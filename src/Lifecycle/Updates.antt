-- ===== src/Lifecycle/Updates.antt =====
-- The status changes that end where they start: `mark_running`, `mark_pending`, `de_assign_worker`,
-- `schedule_workflow_update`. A method returns the instance as it leaves it, and its result.
use debusine.WorkRequests.Query.{running}
use debusine.WorkRequests.{
  stored, Db, WorkRequest, Outcome, hooked, M, ok, pure, Statuses, needs_worker, is_blocked,
  is_running, save, raise, ◌>>◌, throw, is_pending, modify, Hook, find_worker, does_not_exist,
  ◌>>=◌, fetch_parent, EventName, Worker,
}
use debusine.Lifecycle.Reactions.{Reactions}
use debusine.Prelude.{
  Bool, Option, some, if◌then◌else◌, not, true, false, ◌&&◌, is_none, ◌||◌, none, leb, length, ℕ,
}

-- Mark the containing workflows for an update, once a commit. `parent` is `self.parent`.
unfoldable pub schedule_workflow_update : Option WorkRequest → WorkRequest → M WorkRequest
unfolding stored hooked
schedule_workflow_update none self = pure self
schedule_workflow_update (some _) self =
    let marked = record self { workflows_need_update = true } in
    save marked >> modify (hooked Hook.update_workflows) >> pure marked

-- `self.worker` runs as many work requests as it may. A worker that is not there cannot be: the
-- column is a foreign key.
abbrev pub at_limit : Option Worker → ℕ → Outcome Bool
at_limit none n = raise does_not_exist
at_limit (some w) n = ok (leb w.concurrency n)

unfoldable pub is_busy : Option ℕ → Db → Outcome Bool
unfolding running
is_busy none db = ok false
is_busy (some k) db = at_limit (find_worker k db.workers) (length (running db (some k)))

unfoldable pub runs_too_many : Db → WorkRequest → Outcome Bool
unfolding is_busy
runs_too_many db self = is_busy self.worker db

unfoldable pub start : WorkRequest → M (WorkRequest × Bool)
unfolding schedule_workflow_update
start self db =
    let started = record self { started_at = some db.now; status = Statuses.running } in
    (do
      save started
      parent ← fetch_parent started
      self' ← schedule_workflow_update parent started
      pure (self', true))
      db

unfoldable pub start_unless : Outcome Bool → WorkRequest → M (WorkRequest × Bool)
unfolding start
start_unless (ok true) self = pure (self, false)
start_unless (ok false) self = start self
start_unless (raise e) self = throw e

unfoldable pub mark_running : WorkRequest → M (WorkRequest × Bool)
unfolding start_unless runs_too_many
mark_running self db =
    if needs_worker self.task_type && is_none self.worker
    then ok ((self, false), db)
    else if is_running self.status
    then ok ((self, true), db)
    else if not (is_pending self.status)
    then ok ((self, false), db)
    else start_unless (runs_too_many db self) self db

module _ (reactions : Reactions) where
  -- The body of `mark_pending` behind its guard.
  unfoldable pub release : WorkRequest → M (WorkRequest × Bool)
  unfolding schedule_workflow_update
  release self =
      let ready = record self { status = Statuses.pending } in
      do
        save ready
        parent ← fetch_parent ready
        self' ← schedule_workflow_update parent ready
        reactions.react EventName.on_unblock self'
        pure (self', true)

  unfoldable pub mark_pending : WorkRequest → M (WorkRequest × Bool)
  unfolding release
  mark_pending self = if not (is_blocked self.status) then pure (self, false) else release self

unfoldable pub de_assign_worker : WorkRequest → M (WorkRequest × Bool)
unfolding stored
de_assign_worker self =
    if not (is_running self.status || is_pending self.status)
    then pure (self, false)
    else let free = record self { worker = none; started_at = none; status = Statuses.pending } in
      save free >> pure (free, true)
* * * * * * * * *
- [Problem requirements]: Every record must be transcribed exactly, with no line skipped.

- [Task response]:
filename src/Lifecycle/Updates.antt
-- ===== src/Lifecycle/Updates.antt =====
-- The status changes that end where they start: `mark_running`, `mark_pending`, `de_assign_worker`,
-- `schedule_workflow_update`. A method returns the instance as it leaves it, and its result.
use debusine.WorkRequests.Query.{running}
use debusine.WorkRequests.{
  stored, Db, WorkRequest, Outcome, hooked, M, ok, pure, Statuses, needs_worker, is_blocked,
  is_running, save, raise, ◌>>◌, throw, is_pending, modify, Hook, find_worker, does_not_exist,
  ◌>>=◌, fetch_parent, EventName, Worker,
}
use debusine.Lifecycle.Reactions.{Reactions}
use debusine.Prelude.{
  Bool, Option, some, if◌then◌else◌, not, true, false, ◌&&◌, is_none, ◌||◌, none, leb, length, ℕ,
}

-- Mark the containing workflows for an update, once a commit. `parent` is `self.parent`.
unfoldable pub schedule_workflow_update : Option WorkRequest → WorkRequest → M WorkRequest
unfolding stored hooked
schedule_workflow_update none self = pure self
schedule_workflow_update (some _) self =
    let marked = record self { workflows_need_update = true } in
    save marked >> modify (hooked Hook.update_workflows) >> pure marked

-- `self.worker` runs as many work requests as it may. A worker that is not there cannot be: the
-- column is a foreign key.
abbrev pub at_limit : Option Worker → ℕ → Outcome Bool
at_limit none n = raise does_not_exist
at_limit (some w) n = ok (leb w.concurrency n)

unfoldable pub is_busy : Option ℕ → Db → Outcome Bool
unfolding running
is_busy none db = ok false
is_busy (some k) db = at_limit (find_worker k db.workers) (length (running db (some k)))

unfoldable pub runs_too_many : Db → WorkRequest → Outcome Bool
unfolding is_busy
runs_too_many db self = is_busy self.worker db

unfoldable pub start : WorkRequest → M (WorkRequest × Bool)
unfolding schedule_workflow_update
start self db =
    let started = record self { started_at = some db.now; status = Statuses.running } in
    (do
      save started
      parent ← fetch_parent started
      self' ← schedule_workflow_update parent started
      pure (self', true))
      db

unfoldable pub start_unless : Outcome Bool → WorkRequest → M (WorkRequest × Bool)
unfolding start
start_unless (ok true) self = pure (self, false)
start_unless (ok false) self = start self
start_unless (raise e) self = throw e

unfoldable pub mark_running : WorkRequest → M (WorkRequest × Bool)
unfolding start_unless runs_too_many
mark_running self db =
    if needs_worker self.task_type && is_none self.worker
    then ok ((self, false), db)
    else if is_running self.status
    then ok ((self, true), db)
    else if not (is_pending self.status)
    then ok ((self, false), db)
    else start_unless (runs_too_many db self) self db

module _ (reactions : Reactions) where
  -- The body of `mark_pending` behind its guard.
  unfoldable pub release : WorkRequest → M (WorkRequest × Bool)
  unfolding schedule_workflow_update
  release self =
      let ready = record self { status = Statuses.pending } in
      do
        save ready
        parent ← fetch_parent ready
        self' ← schedule_workflow_update parent ready
        reactions.react EventName.on_unblock self'
        pure (self', true)

  unfoldable pub mark_pending : WorkRequest → M (WorkRequest × Bool)
  unfolding release
  mark_pending self = if not (is_blocked self.status) then pure (self, false) else release self

unfoldable pub de_assign_worker : WorkRequest → M (WorkRequest × Bool)
unfolding stored
de_assign_worker self =
    if not (is_running self.status || is_pending self.status)
    then pure (self, false)
    else let free = record self { worker = none; started_at = none; status = Statuses.pending } in
      save free >> pure (free, true)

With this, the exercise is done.